XIX-wieczne prawo w Polsce blokuje wsie. Dochodzi do paradoksalnych sytuacji

W polskim prawie obowiązują przepisy z połowy XIX wieku. Są nimi wspólnoty gruntowe, których powstanie sięga czasów zaborów, a które mimo dwóch nowelizacji wciąż komplikują rozwój wsi. Związek Gmin Wiejskich RP zamierza apelować do Komisji Wspólnej Rządu i Samorządu Terytorialnego o zmiany legislacyjne dotyczące wspólnot. Ich łączna powierzchnia prawdopodobnie przekracza 100 tys. ha.

Wspólnoty gruntowe ukonstytuowały się w połowie XIX w., kiedy na terenach zaborów znoszono pańszczyznę. Chodzi głównie o zabór rosyjski, gdzie decyzję o uwłaszczeniu chłopów podjęto w 1861 r. W mniejszym stopniu o austriacki, gdzie nadania ziemi rozpoczęły się w 1848 r.
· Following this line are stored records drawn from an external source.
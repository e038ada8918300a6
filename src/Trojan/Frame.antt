-- ===== src/Trojan/Frame.antt =====
-- Frames read from a stream: a frame is read as soon as it is complete, and not before.
use commeatus.Prelude.{
  ℕ, zero, suc, ◌+◌, ◌≤◌, ◌≡◌, refl, ◌∙◌, true, Option, none, some, [], ◌∷◌, arith, ltb,
  if◌then◌else◌, Bytes, length, take, get_or, Bool-cases, Option-cases, inl, inr, ◌==◌,
}
use commeatus.Ip.{IpAddr}
use commeatus.Flow.{DestinationHost}
use commeatus.Io.{Result, ok, >>=-eq-ok}
use commeatus.Target.{Target, new_target}
use commeatus.Target.Pieces.{slice-take, get_or-take, length-take_le}
use commeatus.Trojan.{
  parse_address, parse_domain, parse_host, parse_port, parse_target, parse_payload, ParsedUdpFrame,
  parse_udp_frame,
}

-- What a prefix of length `n` gives where the whole gives `r`, which ends at `end`.
abbrev so_far {ℓ} : {A : Type ℓ} → ℕ → ℕ → A → Result (Option A)
so_far n end r = if ltb n end then ok none else ok (some r)

parse_domain-take :
    (s : Bytes) (n count : ℕ) (r : DestinationHost × ℕ)
    → n ≤ length s
    → parse_domain s count ≡ ok (some r)
    → parse_domain (take n s) count ≡ so_far n r.1 r
unfolding parse_domain
parse_domain-take s n count r h e =
    rw (length-take_le n s h) (ground (arith, slice-take s n 2 (2 + count)))

parse_domain-end :
    (s : Bytes) (count : ℕ) (r : DestinationHost × ℕ)
    → parse_domain s count ≡ ok (some r)
    → r.1 ≡ 2 + count
unfolding parse_domain
parse_domain-end s count r e = ground arith

parse_address-take :
    (family : ℕ → IpAddr) (host_end : ℕ) (s : Bytes) (n : ℕ) (r : DestinationHost × ℕ)
    → 1 ≤ host_end
    → n ≤ length s
    → parse_address family host_end s ≡ ok (some r)
    → parse_address family host_end (take n s) ≡ so_far n r.1 r
unfolding parse_address
parse_address-take family host_end s n r pos h e =
    rw (length-take_le n s h) (ground (arith, slice-take s n 1 host_end))

parse_host-take :
    (kind : ℕ) (s : Bytes) (n : ℕ) (r : DestinationHost × ℕ)
    → n ≤ length s
    → parse_host kind s ≡ ok (some r)
    → parse_host kind (take n s) ≡ so_far n r.1 r
unfolding parse_host
parse_host-take kind s n r h e = elim (Bool-cases (kind == 0x01)) [
  | inl v4 ↦ rw v4 (parse_address-take IpAddr.v4 5 s n r (omega arith) h (rw v4 at e))
  | inr not_v4 ↦ elim (Bool-cases (kind == 0x03)) [
    | inl named ↦
        let e' = rw (not_v4, named) at e in
        rw (not_v4, named, length-take_le n s h)
          (ground (
            arith,
            get_or-take s n 1 0,
            parse_domain-take s n (get_or s 1 0) r h,
            parse_domain-end s (get_or s 1 0) r,
          ))
    | inr not_named ↦ elim (Bool-cases (kind == 0x04)) [
      | inl v6 ↦
          rw (not_v4, not_named, v6)
            (parse_address-take IpAddr.v6 17 s n r (omega arith) h
              (rw (not_v4, not_named, v6) at e))
      | inr neither ↦ absurd (cc (rw (not_v4, not_named, neither) at e))
    ]
  ]
]

parse_port-end :
    (s : Bytes) (host : DestinationHost × ℕ) (r : Target × ℕ)
    → parse_port s (some host) ≡ ok (some r)
    → r.1 ≡ host.1 + 2
unfolding parse_port new_target
parse_port-end s host r e = ground arith

parse_port-take :
    (s : Bytes) (n : ℕ) (host : DestinationHost × ℕ) (r : Target × ℕ)
    → n ≤ length s
    → parse_port s (some host) ≡ ok (some r)
    → parse_port (take n s) (some host) ≡ so_far n r.1 r
unfolding parse_port
parse_port-take s n host r h e =
    let end = parse_port-end s host r e in
    rw (length-take_le n s h) (ground (arith, slice-take s n host.1 (host.1 + 2)))

parse_target-pos : (s : Bytes) (r : Target × ℕ) → parse_target s ≡ ok (some r) → 2 ≤ r.1
unfolding parse_target
parse_target-pos [] r e = cc
parse_target-pos (kind ∷ rest) r e =
    let (o, parsed, later) = >>=-eq-ok (parse_host kind (kind ∷ rest)) _ e in
    elim (Option-cases o) [
      | inl nothing ↦ absurd (cc (rw (nothing, parse_port) at later))
      | inr (host, found) ↦
          let end = parse_port-end (kind ∷ rest) host r (rw found at later) in omega arith
    ]

parse_target-take :
    (s : Bytes) (n : ℕ) (r : Target × ℕ)
    → n ≤ length s
    → parse_target s ≡ ok (some r)
    → parse_target (take n s) ≡ so_far n r.1 r
unfolding parse_target
parse_target-take [] n r h e = cc
parse_target-take (kind ∷ rest) zero r h e =
    let pos = parse_target-pos (kind ∷ rest) r e in ground arith
parse_target-take (kind ∷ rest) (suc n) r h e =
    let (o, parsed, later) = >>=-eq-ok (parse_host kind (kind ∷ rest)) _ e in
    elim (Option-cases o) [
      | inl nothing ↦ absurd (cc (rw (nothing, parse_port) at later))
      | inr (host, found) ↦
          let at_port = rw found at later in
          let end = parse_port-end (kind ∷ rest) host r at_port in
          let head = parse_host-take kind (kind ∷ rest) (suc n) host h (rw found at parsed) in
          elim (Bool-cases (ltb (suc n) host.1)) [
            | inl short ↦
                let nothing_yet : parse_host kind (take (suc n) (kind ∷ rest)) ≡ ok none =
                  head ∙ rw short in
                let out : ltb (suc n) r.1 ≡ true = ground arith in
                rw (nothing_yet, out) (unfold parse_port in refl)
            | inr long ↦ rw (head, long) (parse_port-take (kind ∷ rest) (suc n) host r h at_port)
          ]
    ]

parse_payload-end :
    (s : Bytes) (t : Target × ℕ) (r : ParsedUdpFrame)
    → parse_payload s (some t) ≡ ok (some r)
    → t.1 + 4 ≤ r.consumed
unfolding parse_payload
parse_payload-end s t r e = ground arith

parse_payload-take :
    (s : Bytes) (n : ℕ) (t : Target × ℕ) (r : ParsedUdpFrame)
    → n ≤ length s
    → parse_payload s (some t) ≡ ok (some r)
    → parse_payload (take n s) (some t) ≡ so_far n r.consumed r
unfolding parse_payload
parse_payload-take s n t r h e =
    rw (length-take_le n s h)
      (ground (arith, slice-take s n t.1 (t.1 + 2), slice-take s n (t.1 + 2) (t.1 + 4)))

-- Where a frame is read from some bytes, a prefix of them gives the same frame if it holds the
-- frame's `consumed` bytes, and asks for more bytes if it does not.
pub parse_udp_frame-take :
    (s : Bytes) (n : ℕ) (r : ParsedUdpFrame)
    → n ≤ length s
    → parse_udp_frame s ≡ ok (some r)
    → parse_udp_frame (take n s) ≡ (if ltb n r.consumed then ok none else ok (some r))
unfolding parse_udp_frame
parse_udp_frame-take s n r h e =
    let (o, parsed, later) = >>=-eq-ok (parse_target s) _ e in
    elim (Option-cases o) [
      | inl nothing ↦ absurd (cc (rw (nothing, parse_payload) at later))
      | inr (t, found) ↦
          let at_payload = rw found at later in
          let end = parse_payload-end s t r at_payload in
          let head = parse_target-take s n t h (rw found at parsed) in
          elim (Bool-cases (ltb n t.1)) [
            | inl short ↦
                let nothing_yet : parse_target (take n s) ≡ ok none = head ∙ rw short in
                let out : ltb n r.consumed ≡ true = ground arith in
                rw (nothing_yet, out) (unfold parse_payload in refl)
            | inr long ↦
                let read : parse_target (take n s) ≡ ok (some t) = head ∙ rw long in
                rw read (parse_payload-take s n t r h at_payload)
          ]
    ]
Wspólnoty obejmowały przede wszystkim lasy i obszary wodne - nieruchomości używane wspólnie przez całą społeczność wsi.

W Polsce nie ma ich jednolitego rejestru. W 2015 r., podczas prac nad nowelizacją przepisów o wspólnotach szacowano, że jest ich 5100. Większość - 3500 - nie ma uregulowanego stanu prawnego. Zajmowana przez nie powierzchnia może zajmować nawet 107 tys. ha.

Reklama

Jeden staw, 150 właścicieli

Zgodnie z wciąż obowiązującym prawem, członkowie wspólnot mają takie samo prawo do użytkowania należących do nich gruntów, niezależnie od tego, ile danego obszaru gruntu rolnego im przypadło. Sprawę ustalenia faktycznej liczby właścicieli danych nieruchomości komplikuje zasada dziedziczenia. Została ona zachowana podczas nowelizacji przepisów, w przyjętej w 1963 r. ustawie o zagospodarowaniu wspólnot gruntowych. Wprowadzono wówczas możliwość powołania spółki do zarządzania wspólnotą - będącej osobą prawną, zarejestrowaną w starostwie powiatowym. 
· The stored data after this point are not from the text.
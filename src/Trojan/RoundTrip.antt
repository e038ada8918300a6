-- ===== src/Trojan/RoundTrip.antt =====
-- What is encoded is read back.
use commeatus.Prelude.{
  not_below, not_zero, ℕ, ◌+◌, ◌^◌, ◌≤◌, ◌<◌, ◌≡◌, refl, sym, ap, ◌∙◌, true, false, some, [], ◌∷◌,
  ◌++◌, arith, ltb, ◌==◌, Bytes, length, length-append, append_assoc, Bool-cases, inl, inr,
  eqb_refl,
}
use commeatus.Text.{is_utf8, to_be_bytes}
use commeatus.Text.Bigend.{length-to_be_bytes, from_be_bytes-to_be_bytes}
use commeatus.Ip.{IpAddr, octets}
use commeatus.Flow.{DestinationHost, domain, ip}
use commeatus.Io.{ErrorKind, invalid_input, ok, >>=-eq-ok}
use commeatus.Target.{Target, new_target, address_bytes, slice, IsHost, IsTarget}
use commeatus.Target.Pieces.{address_bytes-nil, kind_of, slice-append}
use commeatus.Trojan.{
  crlf, encode_host, encode_target, encode_udp_frame, parse_domain, parse_address, parse_host,
  parse_port, parse_target, parse_payload, ParsedUdpFrame, parse_udp_frame,
}

parse_address-octets :
    (family : ℕ → IpAddr) (kind width a : ℕ) (rest : Bytes)
    → a < 256 ^ width
    → parse_address family (1 + width) (kind ∷ (to_be_bytes width a ++ rest))
      ≡ ok (some (ip (family a), 1 + width))
unfolding parse_address
parse_address-octets family kind width a rest h =
    let size = length-append (to_be_bytes width a) rest in
    let octet = length-to_be_bytes width a in
    let cut =
      slice-append (kind ∷ []) (to_be_bytes width a) rest 1 (1 + width) refl (omega arith) in
    let room : ltb (length (kind ∷ (to_be_bytes width a ++ rest))) (1 + width) ≡ false =
      ground arith in
    rw (room, cut, from_be_bytes-to_be_bytes width a h)

-- The encoded address in front of more bytes is read back, with where it ends.
parse_host-domain :
    (kind : ErrorKind) (name rest a : Bytes)
    → is_utf8 name ≡ true
    → address_bytes kind (domain name) ≡ ok a
    → (a ≡ 0x03 ∷ length name ∷ name)
      × (parse_host 0x03 (a ++ rest) ≡ ok (some (domain name, length a)))
unfolding parse_host address_bytes parse_domain
parse_host-domain kind name rest a h e =
    let encoded : a ≡ 0x03 ∷ length name ∷ name = ground arith in
    let some_name : (length name == 0) ≡ false = ground arith in
    let cut =
      slice-append (0x03 ∷ length name ∷ []) name rest 2 (2 + length name) refl (omega arith) in
    let size = length-append name rest in
    let room : ltb (length ((0x03 ∷ length name ∷ name) ++ rest)) (2 + length name) ≡ false =
      ground arith in
    let room_2 : ltb (length ((0x03 ∷ length name ∷ name) ++ rest)) 2 ≡ false = ground arith in
    (
      encoded,
      rw encoded (
          rw (room_2, some_name, room, cut, h)
            (ap (λ (k : ℕ). ok (some (domain name, k))) (omega arith))),
    )

parse_host-address_bytes :
    (kind : ErrorKind) (host : DestinationHost) (a rest : Bytes)
    → IsHost host
    → address_bytes kind host ≡ ok a
    → parse_host (kind_of a) (a ++ rest) ≡ ok (some (host, length a))
unfolding parse_host address_bytes octets
parse_host-address_bytes kind (ip (IpAddr.v4 x)) a rest h e =
    let encoded : a ≡ 0x01 ∷ to_be_bytes 4 x = cc in
    rw (encoded, length-to_be_bytes 4 x)
      (parse_address-octets IpAddr.v4 0x01 4 x rest (omega arith))
parse_host-address_bytes kind (ip (IpAddr.v6 x)) a rest h e =
    let encoded : a ≡ 0x04 ∷ to_be_bytes 16 x = cc in
    rw (encoded, length-to_be_bytes 16 x)
      (parse_address-octets IpAddr.v6 0x04 16 x rest (omega arith))
parse_host-address_bytes kind (domain name) a rest h e =
    let (encoded, read) = parse_host-domain kind name rest a h e in
    let front : kind_of a ≡ 0x03 = rw encoded refl in rw front read

-- A piece in the middle ends before the end.
room_for :
    (front mid rest : Bytes) (k : ℕ)
    → k ≤ length front + length mid
    → ltb (length (front ++ (mid ++ rest))) k ≡ false
room_for front mid rest k h =
    not_below _ k (omega (arith, length-append front (mid ++ rest), length-append mid rest))

parse_target-encode :
    (kind : ErrorKind) (t : Target) (a rest : Bytes)
    → IsTarget t
    → address_bytes kind t.host ≡ ok a
    → parse_target (a ++ (to_be_bytes 2 t.port ++ rest)) ≡ ok (some (t, length a + 2))
unfolding parse_target parse_port new_target
parse_target-encode kind t [] rest h e = absurd (address_bytes-nil kind t.host e)
parse_target-encode kind t (c ∷ a) rest h e =
    let port_bytes = to_be_bytes 2 t.port in
    let read = parse_host-address_bytes kind t.host (c ∷ a) (port_bytes ++ rest) h.host e in
    let octet = length-to_be_bytes 2 t.port in
    let cut =
      slice-append (c ∷ a) port_bytes rest (length (c ∷ a)) (length (c ∷ a) + 2) refl
        (omega arith) in
    let room = room_for (c ∷ a) port_bytes rest (length (c ∷ a) + 2) (omega arith) in
    rw (read, room, cut, from_be_bytes-to_be_bytes 2 t.port h.port_fits, not_zero t.port h.port_pos)
      refl

-- The frame whose payload starts at `start` and is `count` bytes long.
abbrev frame_at : Target → ℕ → ℕ → ParsedUdpFrame
frame_at t start count = record {
  source = t;
  payload_start = start;
  payload_end = start + count;
  consumed = start + count;
}

parse_payload-slices :
    (s : Bytes) (t : Target) (n count : ℕ)
    → count ≤ 65535
    → slice s n (n + 2) ≡ to_be_bytes 2 count
    → slice s (n + 2) (n + 4) ≡ crlf
    → n + 4 + count ≤ length s
    → parse_payload s (some (t, n)) ≡ ok (some (frame_at t (n + 4) count))
unfolding parse_payload
parse_payload-slices s t n count small e_count e_crlf room =
    rw
      (
        e_count,
        from_be_bytes-to_be_bytes 2 count (omega (arith, small)),
        e_crlf,
        not_below (length s) (n + 4) (omega arith),
        not_below (length s) (n + 4 + count) room,
        eqb_refl crlf,
      )
      refl

parse_payload-encode :
    (front payload rest : Bytes) (t : Target)
    → length payload ≤ 65535
    → parse_payload
        (front ++ (to_be_bytes 2 (length payload) ++ (crlf ++ (payload ++ rest))))
        (some (t, length front))
      ≡ ok (some (frame_at t (length front + 4) (length payload)))
parse_payload-encode front payload rest t h =
    let count = to_be_bytes 2 (length payload) in
    let behind = crlf ++ (payload ++ rest) in
    let octet = length-to_be_bytes 2 (length payload) in
    let front_size = length-append front count in
    let whole_size = length-append front (count ++ behind) in
    let behind_size = length-append count behind in
    let payload_size = length-append payload rest in
    let cut_crlf : slice (front ++ (count ++ behind)) (length front + 2) (length front + 4) ≡ crlf =
      rw (sym (append_assoc front count behind)) (
        slice-append (front ++ count) crlf (payload ++ rest) (length front + 2) (length front + 4)
          (omega arith) (omega arith)) in
    parse_payload-slices (front ++ (count ++ behind)) t (length front) (length payload) h
      (slice-append front count behind (length front) (length front + 2) refl (omega arith))
      cut_crlf (omega arith)

-- A frame's parts: the address, the port, the payload's length, CRLF and the payload.
encode_udp_frame-parts :
    (t : Target) (payload f : Bytes)
    → encode_udp_frame t payload ≡ ok f
    → (a : Bytes) × (address_bytes invalid_input t.host ≡ ok a)
      × (length payload ≤ 65535)
      × (f ≡ (a ++ to_be_bytes 2 t.port) ++ (to_be_bytes 2 (length payload) ++ (crlf ++ payload)))
unfolding encode_udp_frame encode_target encode_host
encode_udp_frame-parts t payload f e = elim (Bool-cases (ltb 65535 (length payload))) [
  | inl large ↦ absurd (cc (rw large at e))
  | inr small ↦
      let fits : length payload ≤ 65535 = ground arith in
      let (frame, e_frame, e_f) = >>=-eq-ok _ _ (rw small at e) in
      let (buffer, e_buffer, e_port) = >>=-eq-ok _ _ e_frame in
      let (a, e_a, e_host) = >>=-eq-ok _ _ e_buffer in (a, e_a, fits, cc)
]

-- Where the payload stands.
frame-slice :
    (front count payload rest : Bytes)
    → length count ≡ 2
    → slice
        (front ++ (count ++ (crlf ++ (payload ++ rest))))
        (length front + 4)
        (length front + 4 + length payload)
      ≡ payload
frame-slice front count payload rest two =
    let size = length-append front (count ++ crlf) in
    let more = length-append count crlf in
    rw
      (
        sym (append_assoc count crlf (payload ++ rest)),
        sym (append_assoc front (count ++ crlf) (payload ++ rest)),
      )
      (slice-append (front ++ (count ++ crlf)) payload rest (length front + 4)
        (length front + 4 + length payload) (omega arith) (omega arith))

frame-length :
    (front count payload : Bytes)
    → length count ≡ 2
    → length (front ++ (count ++ (crlf ++ payload))) ≡ length front + 4 + length payload
frame-length front count payload two =
    omega (
      arith,
      length-append front (count ++ (crlf ++ payload)),
      length-append count (crlf ++ payload),
    )

-- A target with a port and a valid name, and any payload, that are encoded as a frame are read
-- back from the frame, whatever bytes follow it: the target, the payload as the bytes between
-- `payload_start` and `payload_end`, and the frame's length as `consumed`.
pub parse_udp_frame-encode_udp_frame :
    (t : Target) (payload f rest : Bytes)
    → IsTarget t
    → encode_udp_frame t payload ≡ ok f
    → (r : ParsedUdpFrame) × (parse_udp_frame (f ++ rest) ≡ ok (some r))
      × (r.source ≡ t)
      × (slice (f ++ rest) r.payload_start r.payload_end ≡ payload)
      × (r.consumed ≡ length f)
unfolding parse_udp_frame
parse_udp_frame-encode_udp_frame t payload f rest h e =
    let (a, e_a, fits, e_f) = encode_udp_frame-parts t payload f e in
    let front = a ++ to_be_bytes 2 t.port in
    let count = to_be_bytes 2 (length payload) in
    let whole : f ++ rest ≡ front ++ (count ++ (crlf ++ (payload ++ rest))) = rw e_f (
      append_assoc front (count ++ (crlf ++ payload)) rest
      ∙ ap (◌++◌ front) (append_assoc count (crlf ++ payload) rest)) in
    let target : parse_target (f ++ rest) ≡ ok (some (t, length front)) =
      rw (whole, append_assoc a (to_be_bytes 2 t.port) (count ++ (crlf ++ (payload ++ rest))))
        (parse_target-encode invalid_input t a (count ++ (crlf ++ (payload ++ rest))) h e_a
          ∙ ap (λ (k : ℕ). ok (some (t, k)))
              (omega
                (arith, length-append a (to_be_bytes 2 t.port), length-to_be_bytes 2 t.port))) in
    let payload_read = parse_payload-encode front payload rest t fits in
    let size : length f ≡ length front + 4 + length payload =
      rw e_f (frame-length front count payload (length-to_be_bytes 2 (length payload))) in
    (
      frame_at t (length front + 4) (length payload),
      rw (target, whole) payload_read,
      refl,
      rw whole (frame-slice front count payload rest (length-to_be_bytes 2 (length payload))),
      sym size,
    )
Przez archaiczne prawo dochodzi do paradoksalnych sytuacji. - Mamy na swoim terenie zbiornik wodny, staw dla którego w przeszłości planowano funkcje przeciwpowodziowe. Teraz wydaje się mieć duży potencjał rekreacyjny. Nie jesteśmy jednak w stanie uregulować jego stanu prawnego, bo leży w obrębie wspólnoty gruntowej - PortalSamorzadowy.pl cytuje Mateusza Kurkowskiego, wiceprzewodniczącego rady gminy Rędziny (woj. śląskie). 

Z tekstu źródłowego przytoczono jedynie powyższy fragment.